Decision Transformer: Reinforcement Learning via Sequence Modeling

Lili Chen*, Kevin Lu*, Aravind Rajeswaran, Kimin Lee, Aditya Grover, Michael Laskin, Pieter Abbeel, Aravind Srinivas*, Igor Mordatch*

UC Berkeley, Facebook AI Research, Google Brain

arXiv / github

Can standard language modeling frameworks train effective policies for reinforcement learning?

Abstract

We introduce a framework that abstracts Reinforcement Learning (RL) as a sequence modeling problem. This allows us to draw upon the simplicity and scalability of the Transformer architecture, and associated advances in language modeling such as GPT-x and BERT. In particular, we present Decision Transformer, an architecture that casts the problem of RL as conditional sequence modeling. Unlike prior approaches to RL that fit value functions or compute policy gradients, Decision Transformer simply outputs the optimal actions by leveraging a causally masked Transformer. By conditioning an autoregressive model on the desired return (reward), past states, and actions, our Decision Transformer model can generate future actions that achieve the desired return. Despite the simplicity, Decision Transformer matches or exceeds the performance of state-of-the-art model-free offline RL baselines on Atari, OpenAI Gym, and Key-to-Door tasks.

Offline reinforcement learning as a sequence modeling problem

We investigate shifting our perspective of reinforcement learning (RL) by posing sequential decision making problems in a language modeling framework. While conventional work in RL has utilized specialized frameworks relying on Bellman backups, we propose to instead model trajectories with sequence modeling, enabling us to use strong and well-studied architectures such as transformers to generate behaviors. To illustrate this, we study offline reinforcement learning, where we train a model from a fixed dataset rather than collecting experience in the environment. This enables us to train RL policies using the same code as a language modeling framework, with minimal changes.

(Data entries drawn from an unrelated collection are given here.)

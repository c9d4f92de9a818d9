-- ===== src/Catalog/Pages/Loop.antt =====
-- The loop over the pages: what it has gathered when it ends.
use mathlib.Core.Path.{subst}
use mujeeb24_backend_go.Common.{
  ℕ, zero, suc, String, ◌==◌, ◌≡◌, refl, inl, inr, Bool, true, false, ◌||◌, List, [], ◌∷◌, ◌++◌,
  Result, ok, err, length, In, if◌then◌else◌,
}
use mujeeb24_backend_go.Common.Text.{trim_space}
use mujeeb24_backend_go.Catalog.Projection.{
  CatalogAiItem, CatalogAiProjection, CatalogAiBatchPayload,
}
use mujeeb24_backend_go.Catalog.Session.{
  CatalogBatchCandidate, AiCatalogBatchRecord, CatalogError, CatalogPage, CatalogEvaluationInput,
  Call, Session, Controller, ◌>>=◌, pure, fail, port, estimator_required, item_exceeds_budget,
  coverage, invalid_evidence, cursor_did_not_advance, out_of_fuel, bind_case, perform_case,
  list_projection_page,
}
use mujeeb24_backend_go.Catalog.Split.{split_into_batches_mode}
use mujeeb24_backend_go.Catalog.Candidates.{normalize_batch_candidates}
use mujeeb24_backend_go.Catalog.Candidates.Select.{append_candidate_projection-In}
use mujeeb24_backend_go.Catalog.Batches.{run_batch, coverage_complete}
use mujeeb24_backend_go.Catalog.Batches.Life.{
  Life, run_batch-Life, coverage_complete-cons, coverage_complete-append,
}
use mujeeb24_backend_go.Catalog.Final.{as_batch}
use mujeeb24_backend_go.Catalog.Final.Reduce.{
  IsBatchError, run_batch-IsBatchError, split-IsBatchError,
}
use mujeeb24_backend_go.Catalog.Pages.{
  Progress, page_request, select_candidates, grow, page_batches, read_items, read_page, advance,
  read_pages,
}

-- The errors of the loop.
abbrev pub IsPageError : CatalogError → Type 0
IsPageError cursor_did_not_advance = Unit
IsPageError out_of_fuel = Unit
IsPageError e = IsBatchError e

pub IsBatchError-IsPageError : (e : CatalogError) → IsBatchError e → IsPageError e
IsBatchError-IsPageError (port e) b = tt
IsBatchError-IsPageError estimator_required b = tt
IsBatchError-IsPageError (item_exceeds_budget id budget t) b = tt
IsBatchError-IsPageError (coverage e) b = tt
IsBatchError-IsPageError (invalid_evidence n e) b = tt
IsBatchError-IsPageError _ b = absurd b

module _ {Context Contract Usage Decision : Type 0} (c : Controller Context Contract Usage Decision)
    (input : CatalogEvaluationInput Context Contract) where
  -- The item stood on a page that the catalog returned for this business and scope.
  abbrev pub OnPage : CatalogAiItem → Type 0
  OnPage x =
      (cursor : String) × (h : List (Call Context Contract Usage)) × (page : CatalogPage) × (c.page
          (page_request input.business_id input.catalog_scope cursor) h
        ≡ ok page)
      × In x page.projection.items

  pub record IsSound (s : Progress) : Type 0 where
    pub completed : coverage_complete s.batch_records ≡ true
    pub on_page : (x : CatalogAiItem) → In x s.candidate_projection.items → OnPage x

  abbrev PageRecords :
      Result CatalogError (List AiCatalogBatchRecord × List CatalogBatchCandidate)
        × List (Call Context Contract Usage)
      → Type 0
  PageRecords (ok r, k) = coverage_complete r.0 ≡ true
  PageRecords (err e, k) = IsBatchError e

  page_batches-PageRecords :
      (bs : List CatalogAiBatchPayload) (h : List (Call Context Contract Usage))
      → PageRecords (page_batches c input bs h)
  unfolding page_batches coverage_complete
  page_batches-PageRecords [] h = refl
  page_batches-PageRecords (b ∷ bs) h =
      bind_case (run_batch c input false b)
        (λ r. page_batches c input bs >>= λ rest. pure (r.0 ∷ rest.0, r.1 ++ rest.1)) h PageRecords
        (λ x k e. run_batch-IsBatchError c input false b h k x e)
        (λ r k e.
          bind_case (page_batches c input bs) (λ rest. pure (r.0 ∷ rest.0, r.1 ++ rest.1)) k
            PageRecords (λ x j e'. subst PageRecords e' (page_batches-PageRecords bs k))
            (λ rest j e'.
              coverage_complete-cons r.0 rest.0
                (subst (Life c input false b h) e (run_batch-Life c input false b h)).1
                (subst PageRecords e' (page_batches-PageRecords bs k))))

  abbrev pub Gathered : Result CatalogError Progress × List (Call Context Contract Usage) → Type 0
  Gathered (ok s, k) = IsSound s
  Gathered (err e, k) = IsPageError e

  select_candidates-IsSound :
      (page : CatalogAiProjection) (candidates : List CatalogBatchCandidate) (s : Progress)
      → ((x : CatalogAiItem) → In x page.items → OnPage x)
      → IsSound s
      → IsSound (select_candidates page candidates s)
  unfolding select_candidates
  select_candidates-IsSound page [] s there sound = sound
  select_candidates-IsSound page (y ∷ ys) s there sound = record {
    completed = sound.completed;
    on_page = λ x i.
        elim (append_candidate_projection-In s.candidate_projection (as_batch page)
          (normalize_batch_candidates (y ∷ ys)) s.candidate_items_seen x i) [
            | inl old ↦ sound.on_page x old
            | inr new ↦ there x new
          ];
  }

  -- A page that was read, or an error of one of its batches.
  abbrev pub Read : Result CatalogError Progress × List (Call Context Contract Usage) → Type 0
  Read (ok s, k) = IsSound s
  Read (err e, k) = IsBatchError e

  read_items-Read :
      (page : CatalogAiProjection) (s : Progress) (h : List (Call Context Contract Usage))
      → ((x : CatalogAiItem) → In x page.items → OnPage x)
      → IsSound s
      → Read (read_items c input page s h)
  unfolding read_items
  read_items-Read page s h there sound =
      let grown =
        λ (batches : List CatalogAiBatchPayload)
            (r : List AiCatalogBatchRecord × List CatalogBatchCandidate).
          grow s (length batches) r in
      bind_case (split_into_batches_mode c input page false s.next_batch_number)
        (λ batches.
          page_batches c input batches >>= λ r. pure (select_candidates page r.1 (grown batches r)))
        h Read (λ x k e. split-IsBatchError c input page false s.next_batch_number h k x e)
        (λ batches k e.
          bind_case (page_batches c input batches)
            (λ r. pure (select_candidates page r.1 (grown batches r))) k Read
            (λ x j e'. subst PageRecords e' (page_batches-PageRecords batches k))
            (λ r j e'. select_candidates-IsSound page r.1 (grown batches r) there (record {
              completed =
                  coverage_complete-append s.batch_records r.0 sound.completed
                    (subst PageRecords e' (page_batches-PageRecords batches k));
              on_page = sound.on_page;
            })))

  pub read_page-Read :
      (xs : List CatalogAiItem) (page : CatalogAiProjection) (s : Progress)
      (h : List (Call Context Contract Usage))
      → ((x : CatalogAiItem) → In x page.items → OnPage x)
      → IsSound s
      → Read (read_page c input xs page s h)
  unfolding read_page
  read_page-Read [] page s h there sound = sound
  read_page-Read (x ∷ xs) page s h there sound = read_items-Read page s h there sound

  advance-Gathered :
      (page : CatalogPage) (cursor : String) (rest : Session (Call Context Contract Usage) Progress)
      (s : Progress) (h : List (Call Context Contract Usage))
      → IsSound s
      → Gathered (rest h)
      → Gathered (advance c input page cursor rest s h)
  unfolding advance
  advance-Gathered page cursor rest s h sound more =
      by_tests page.has_more ((trim_space page.next_cursor == "") || (page.next_cursor == cursor))
    where
      by_tests :
          (more_pages stuck : Bool)
          → Gathered (
              (if more_pages then (if stuck then fail cursor_did_not_advance else rest) else pure s)
                h)
      by_tests true true = tt
      by_tests true false = more
      by_tests false stuck = sound

  pub read_pages-Gathered :
      (fuel : ℕ) (cursor : String) (s : Progress) (h : List (Call Context Contract Usage))
      → IsSound s
      → Gathered (read_pages c input fuel cursor s h)
  unfolding read_pages
  read_pages-Gathered zero cursor s h sound = tt
  read_pages-Gathered (suc fuel) cursor s h sound =
      let request = page_request input.business_id input.catalog_scope cursor in
      perform_case (list_projection_page request) (c.page request)
        (λ page. read_page c input page.projection.items page.projection s >>= λ s'.
          advance c input page cursor (read_pages c input fuel page.next_cursor s') s')
        h Gathered (λ x e. tt)
        (λ page e.
          let there : (x : CatalogAiItem) → In x page.projection.items → OnPage x =
            λ x i. (cursor, h, page, e, i) in
          bind_case (read_page c input page.projection.items page.projection s)
            (λ s'. advance c input page cursor (read_pages c input fuel page.next_cursor s') s')
            (list_projection_page request ∷ h) Gathered
            (λ x k e'. IsBatchError-IsPageError x (
              subst Read e' (read_page-Read page.projection.items page.projection s _ there sound)))
            (λ s' k e'.
              let sound' =
                subst Read e'
                  (read_page-Read page.projection.items page.projection s _ there sound) in
              advance-Gathered page cursor (read_pages c input fuel page.next_cursor s') s' k sound'
                (read_pages-Gathered fuel page.next_cursor s' k sound')))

Decision Transformer: autoregressive sequence modeling for RL

We take a simple approach: each modality (return, state, or action) is passed into an embedding network (convolutional encoder for images, linear layer for continuous states). The embeddings are then processed by an autoregressive transformer model, trained to predict the next action given the previous tokens using a linear output layer.

Evaluation is also easy: we can initialize by a desired target return (e.g. 1 or 0 for success or failure) and the starting state in the environment. Unrolling the sequence -- similar to standard autoregressive generation in language models -- yields a sequence of actions to execute in the environment.